10 Famous Companies That Collaborated With Nazi Germany

10 Famous Companies That Collaborated With Nazi Germany

Khalid Elhassan - July 16, 2018

10 Famous Companies That Collaborated With Nazi Germany
Hitler touring a BMW plant in Munich in 1935. New York Post

BMW’s Owners Were Hitler’s Close Friends

Ever since its founding, Bavarian Motor Works, or BMW, have been known for their high-quality luxury automobiles, and until 1945, for their aircraft engines. The company, which today produces luxury cars and motorcycles, is a multinational with plants in Germany, the US, UK, China, India, Brazil, and South Africa. Less known is that its major shareholders, the Quandt family, were close friends and admirers of Hitler and the Nazis.

After a 2007 TV documentary aired unpleasant revelations about the company’s Nazi-era activities, the Quandt family empire launched an investigation which reached troubling conclusion about BMW’s Nazi past. In a nutshell, the Quandt family patriarch, Gunther Quandt, and his son Herbert, were up to their necks in collaborating with the Nazi regime.

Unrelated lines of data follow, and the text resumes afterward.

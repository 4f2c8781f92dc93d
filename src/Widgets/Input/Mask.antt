-- ===== src/Widgets/Input/Mask.antt =====
-- What a masked value shows.
use padlock_cloud.Prelude.{
  suc, ◌≡◌, refl, ap, ◌↔◌, Bool, List, [], ◌∷◌, arith, Text, ◌==◌, length, map,
}
use padlock_cloud.Widgets.Input.{mask}

-- Where the line breaks of a text are.
abbrev pub line_breaks : Text → List Bool
line_breaks s = map (λ c. c == 0x0a) s

pub length-mask : (s : Text) → length (mask s) ≡ length s
unfolding mask
length-mask [] = refl
length-mask (c ∷ s) = ap suc (length-mask s)

mask_of_line_breaks : (s t : Text) → line_breaks s ≡ line_breaks t → mask s ≡ mask t
unfolding mask
mask_of_line_breaks [] [] e = refl
mask_of_line_breaks [] (d ∷ t) e = cc
mask_of_line_breaks (c ∷ s) [] e = cc
mask_of_line_breaks (c ∷ s) (d ∷ t) e =
    let rest : line_breaks s ≡ line_breaks t = cc in
    let same : (c == 0x0a) ≡ (d == 0x0a) = cc in ground (arith, mask_of_line_breaks s t rest, same)

line_breaks-mask : (s : Text) → line_breaks (mask s) ≡ line_breaks s
unfolding mask
line_breaks-mask [] = refl
line_breaks-mask (c ∷ s) = ground (arith, line_breaks-mask s)

-- Two values have the same mask exactly when they have the same length and the same line breaks:
-- the mask shows this and nothing else of a value.
pub mask_iff : (s t : Text) → (mask s ≡ mask t) ↔ (line_breaks s ≡ line_breaks t)
mask_iff s t =
    (λ e. cc (line_breaks-mask s, line_breaks-mask t, ap line_breaks e), mask_of_line_breaks s t)
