-- ===== src/Widgets/LoadingButton/Laws.antt =====
-- What a loading button shows, and which timers can change it.
use padlock_cloud.Prelude.{
  str_eq, eq_iff, ℕ, ◌≡◌, ◌≢◌, refl, ◌⊎◌, true, false, none, some, [], String, arith,
}
use padlock_cloud.Browser.Timers.{callback}
use padlock_cloud.Widgets.LoadingButton.{
  LoadingButton, init, start, stop, success, fail, button_class, fire,
}

-- A method is called, or a live timer fires.
pub data Step (b : LoadingButton) : LoadingButton → Type 0 where
  started : Step b (start b)
  stopped : Step b (stop b)
  succeeded : Step b (success b)
  failed : Step b (fail b)
  fired : (n : ℕ) → callback n b.timers.live ≡ some tt → Step b (fire n b)

pub data Reach : LoadingButton → Type 0 where
  initial : Reach init
  next : {b c : LoadingButton} → Reach b → Step b c → Reach c

-- At most one of the three states is shown, and the class names it.
pub record IsConsistent (b : LoadingButton) : Type 0 where
  pub not_both : (b.loading ≡ false) ⊎ (b.succeeded ≡ false)
  pub loading_alone : b.loading ≡ true → b.failed ≡ false
  pub success_alone : b.succeeded ≡ true → b.failed ≡ false
  pub idle : button_class b ≡ "" → (b.loading ≡ false) × (b.succeeded ≡ false) × (b.failed ≡ false)

init-IsConsistent : IsConsistent init
unfolding init button_class
init-IsConsistent = ground arith

-- A name is not the empty text.
ne_empty : (name : String) → str_eq name "" ≡ false → name ≢ ""
ne_empty name h e = cc ((eq_iff name "").1 e)

module _ (h₁ : ◌≢◌ {A = String} "loading" "") (h₂ : ◌≢◌ {A = String} "success" "")
    (h₃ : ◌≢◌ {A = String} "fail" "") where
  step_lem : {b c : LoadingButton} → Step b c → IsConsistent b → IsConsistent c
  unfolding start stop success fail fire button_class
  step_lem started h = ground arith
  step_lem stopped h = ground arith
  step_lem succeeded h = ground arith
  step_lem failed h = ground arith
  step_lem (fired n e) h = ground arith

Step-IsConsistent : {b c : LoadingButton} → Step b c → IsConsistent b → IsConsistent c
Step-IsConsistent =
    step_lem (ne_empty "loading" refl) (ne_empty "success" refl) (ne_empty "fail" refl)

-- After any calls of the methods and any firings of live timers, at most one of loading, success
-- and fail is on, and the class is empty only if none is.
pub Reach-IsConsistent : {b : LoadingButton} → Reach b → IsConsistent b
Reach-IsConsistent initial = init-IsConsistent
Reach-IsConsistent (next r s) = Step-IsConsistent s (Reach-IsConsistent r)

-- From a button with no live timer, `start` after `success` or after `fail` leaves no live timer, so
-- nothing but a call of a method ends the loading state.
pub start_clears :
    (b : LoadingButton) (n : ℕ)
    → b.timers.live ≡ []
    → ((start (success b)).loading ≡ true)
      × (callback n (start (success b)).timers.live ≡ none)
      × ((start (fail b)).loading ≡ true)
      × (callback n (start (fail b)).timers.live ≡ none)
unfolding start success fail callback
start_clears b n h = rw h (refl, ground arith, refl, ground arith)

-- After `success` and then `fail`, `start` clears only the second timer: the first is still live,
-- and when it fires the button leaves the loading state that `start` put it into.
pub stale_timer_ends_loading :
    (b : LoadingButton)
    → let c = start (fail (success b)) in
      (c.loading ≡ true)
      × (callback b.timers.fresh c.timers.live ≡ some tt)
      × ((fire b.timers.fresh c).loading ≡ false)
unfolding start success fail callback fire
stale_timer_ends_loading b = (refl, ground arith, refl)
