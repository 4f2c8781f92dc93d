-- ===== src/Widgets/Slider.antt =====
-- `Slider` (`pl-slider`). `parseFloat`, `Number.prototype.toString` and the comparison by which
-- Polymer decides that a property has changed are arguments. The two observers set each other's
-- property, so they run on fuel: a change that is still to be observed when it runs out is `none`.
pub mod Settling
use padlock_cloud.Prelude.{
  ℕ, zero, suc, Bool, false, Option, none, some, Text, if◌then◌else◌, String,
}

pub record Slider (Number : Type 0) : Type 0 where
  pub min : Number
  pub max : Number
  pub value : Number
  pub unit : String
  pub step : Number
  pub label : String
  pub hide_value : Bool
  -- `_strValue`, bound to the inner range input.
  pub str_value : Text

-- The property whose change is to be observed.
pub data Changed : Type 0 where
  value_changed str_value_changed : Changed

module _ {Number : Type 0} (parse_float : Text → Number) (to_string : Number → Text)
    (same_number : Number → Number → Bool) (same_text : Text → Text → Bool) where
  -- `_valueChanged` and `_strValueChanged`, each with the observer that its write sets off.
  unfoldable pub observe : ℕ → Changed → Slider Number → Option (Slider Number)
  observe zero c s = none
  observe (suc fuel) value_changed s =
      let text = to_string s.value in
      let next = observe fuel str_value_changed (record s { str_value = text }) in
      if same_text s.str_value text then some s else next
  observe (suc fuel) str_value_changed s =
      let number = parse_float s.str_value in
      let next = observe fuel value_changed (record s { value = number }) in
      if same_number s.value number then some s else next
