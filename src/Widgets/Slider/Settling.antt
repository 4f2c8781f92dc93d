-- ===== src/Widgets/Slider/Settling.antt =====
-- How the two observers of a slider settle.
use padlock_cloud.Prelude.{
  ℕ, suc, ◌≡◌, refl, ◌↔◌, ◌⊎◌, inl, inr, Bool, true, some, Text, Bool-cases, ap,
}
use padlock_cloud.Widgets.Slider.{Slider, value_changed, str_value_changed, observe}

module _ {Number : Type 0} (parse_float : Text → Number) (to_string : Number → Text)
    (same_number : Number → Number → Bool) (same_text : Text → Text → Bool)
    (same_number_iff : (a b : Number) → (same_number a b ≡ true) ↔ (a ≡ b))
    (same_text_iff : (a b : Text) → (same_text a b ≡ true) ↔ (a ≡ b))
    (round_trip : (a : Number) → parse_float (to_string a) ≡ a) where
  -- If printing and parsing a number gives it back, a change of the number settles after at most
  -- two observers: the number stays and the text is its text.
  pub value_settles :
      (fuel : ℕ) (s : Slider Number)
      → observe parse_float to_string same_number same_text (suc (suc fuel)) value_changed s
        ≡ some (record s { str_value = to_string s.value })
  unfolding observe
  value_settles fuel s = elim (Bool-cases (same_text s.str_value (to_string s.value))) [
    | inl e ↦ rw e (ap (λ (t : Text). some (record s { str_value = t })) ((same_text_iff _ _).0 e))
    | inr e ↦ rw (e, round_trip s.value, (same_number_iff s.value s.value).1 refl) refl
  ]

  -- Under the same condition, a change of the text settles after at most three: the number is the
  -- one that the text was read as, and the text is the number's own.
  pub str_value_settles :
      (fuel : ℕ) (s : Slider Number)
      → (observe parse_float to_string same_number same_text
            (suc (suc (suc fuel)))
            str_value_changed
            s
          ≡ some (record s {
            value = parse_float s.str_value;
            str_value = to_string (parse_float s.str_value);
          }))
        ⊎ (s.value ≡ parse_float s.str_value)
          × (observe parse_float to_string same_number same_text
                (suc (suc (suc fuel)))
                str_value_changed
                s
              ≡ some s)
  str_value_settles fuel s = elim (Bool-cases (same_number s.value (parse_float s.str_value))) [
    | inl e ↦ inr ((same_number_iff _ _).0 e, unfold observe in rw e refl)
    | inr e ↦ inl (
        unfold observe in
        rw e (unfold observe in value_settles fuel (record s { value = parse_float s.str_value })))
  ]
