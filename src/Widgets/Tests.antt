-- ===== src/Widgets/Tests.antt =====
-- The elements at concrete inputs.
use padlock_cloud.Prelude.{true, false, none}
use padlock_cloud.Widgets.Input
use padlock_cloud.Widgets.Input.{Page, mask}
use padlock_cloud.Widgets.Dialog
use padlock_cloud.Widgets.Dialog.{set_open, open_changed, dismiss, dispatch}
use padlock_cloud.Widgets.Dialog.Visibility
use padlock_cloud.Widgets.Dialog.Visibility.{Phase, Reach-Phase, dismiss_lem}

abbrev empty_page : Page
empty_page = record { inputs = λ i. Input.init; active_input = none }

Reach-Phase_example : Phase (set_open false true (open_changed false Dialog.init).0).0
Reach-Phase_example =
    Reach-Phase (Visibility.next (Visibility.ready false) (Visibility.opened false true))
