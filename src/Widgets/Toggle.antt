-- ===== src/Widgets/Toggle.antt =====
-- `Toggle` (`pl-toggle`) and `ToggleButton` (`pl-toggle-button`).
use padlock_cloud.Prelude.{Bool, false, not, List, [], ◌∷◌, String, if◌then◌else◌}

pub record Toggle : Type 0 where
  pub active : Bool
  pub notap : Bool

unfoldable pub init : Toggle
init = record { active = false; notap = false }

-- A method returns the new element and the events that it dispatches.
unfoldable pub toggle : Toggle → Toggle × List String
toggle t = (record t { active = not t.active }, "change" ∷ [])

-- The listener for `click`, added when the element is connected.
unfoldable pub tap : Toggle → Toggle × List String
unfolding toggle
tap t = if t.notap then (t, []) else toggle t

-- The button's `active` is bound to that of its inner toggle.
pub record ToggleButton : Type 0 where
  pub inner : Toggle
  pub label : String
  pub reverse : Bool

unfoldable pub init_button : ToggleButton
unfolding init
init_button = record { inner = init; label = ""; reverse = false }

unfoldable pub toggle_button : ToggleButton → ToggleButton × List String
unfolding toggle
toggle_button b = let (t, events) = toggle b.inner in (record b { inner = t }, events)
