-- ===== src/Assistant/Turn/Socket.antt =====
-- api/assistant.py: what the chat's socket sends for a user's message, and whether it stays open.
pub mod Ends
use terraformer.Base.{Bool, true, false, Option, none, some, List, [], ◌∷◌, ◌++◌, map}
use terraformer.Text.{Text, codes}
use terraformer.Errors.{code}
use terraformer.Assistant.Context.{History}
use terraformer.Assistant.Turn.{
  AssistantEvent, TurnError, provider, app, other, Env, Turn, run_turn,
}

pub data Frame : Type 0 where
  event : AssistantEvent → Frame
  error : Text → Frame

-- A failure of the provider and a typed error are reported, by their code.
unfoldable pub error_frames : Option TurnError → List Frame
unfolding code
error_frames none = []
error_frames (some provider) = error (codes "provider_unreachable") ∷ []
error_frames (some (app e)) = error (codes (code e)) ∷ []
error_frames (some other) = []

-- Any other exception tears the socket down.
abbrev pub stays_open : Option TurnError → Bool
stays_open none = true
stays_open (some provider) = true
stays_open (some (app e)) = true
stays_open (some other) = false

unfoldable pub served : Turn → List Frame × Bool
unfolding error_frames
served t = (map event t.events ++ error_frames t.failure, stays_open t.failure)

-- The `user_message` branch, from the history that is sent first.
unfoldable pub answer_message : Env → History → List Frame × Bool
unfolding served run_turn
answer_message env history = served (run_turn env history)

To their credit, the current generation of Quandts, unlike most other companies with Nazi ties, eventually came clean and refrained from ducking the issue or sugarcoating things. They commissioned a respected German historian to research the company’s past, and set him loose on BMW’s and the Quandt family’s archives and files. The result was a 1200 page report, which concluded that “[t]he Quandts were linked inseparably with the crimes of the Nazis … The family patriarch was part of the regime“.

Among other things, the Quandts profited from the Nazis’ “Aryanization Program”, which dispossessed Jews of their property and turned it over to Germans approved by the new regime. Taking advantage of their friendship with Hitler and their excellent Nazi connections, BMW’s owners took over dozens of businesses that were seized from Jews and handed over to the Quandts.

So instrumental was BMW and the Quandts to the Third Reich’s military that Hitler Named Gunther Quandt a Wehrwirtschaftsführer, or “Leader of the Defense Economy”. During WWII, at least 50,000 slave workers from concentration camps toiled in BMW and Quandt family enterprises to manufacture weapons and fulfill armaments contracts. Many of the slave laborers died from the inhumane working conditions. Some from avoidable accidents, some from neglect, some were starved, and others were executed for workplace infractions.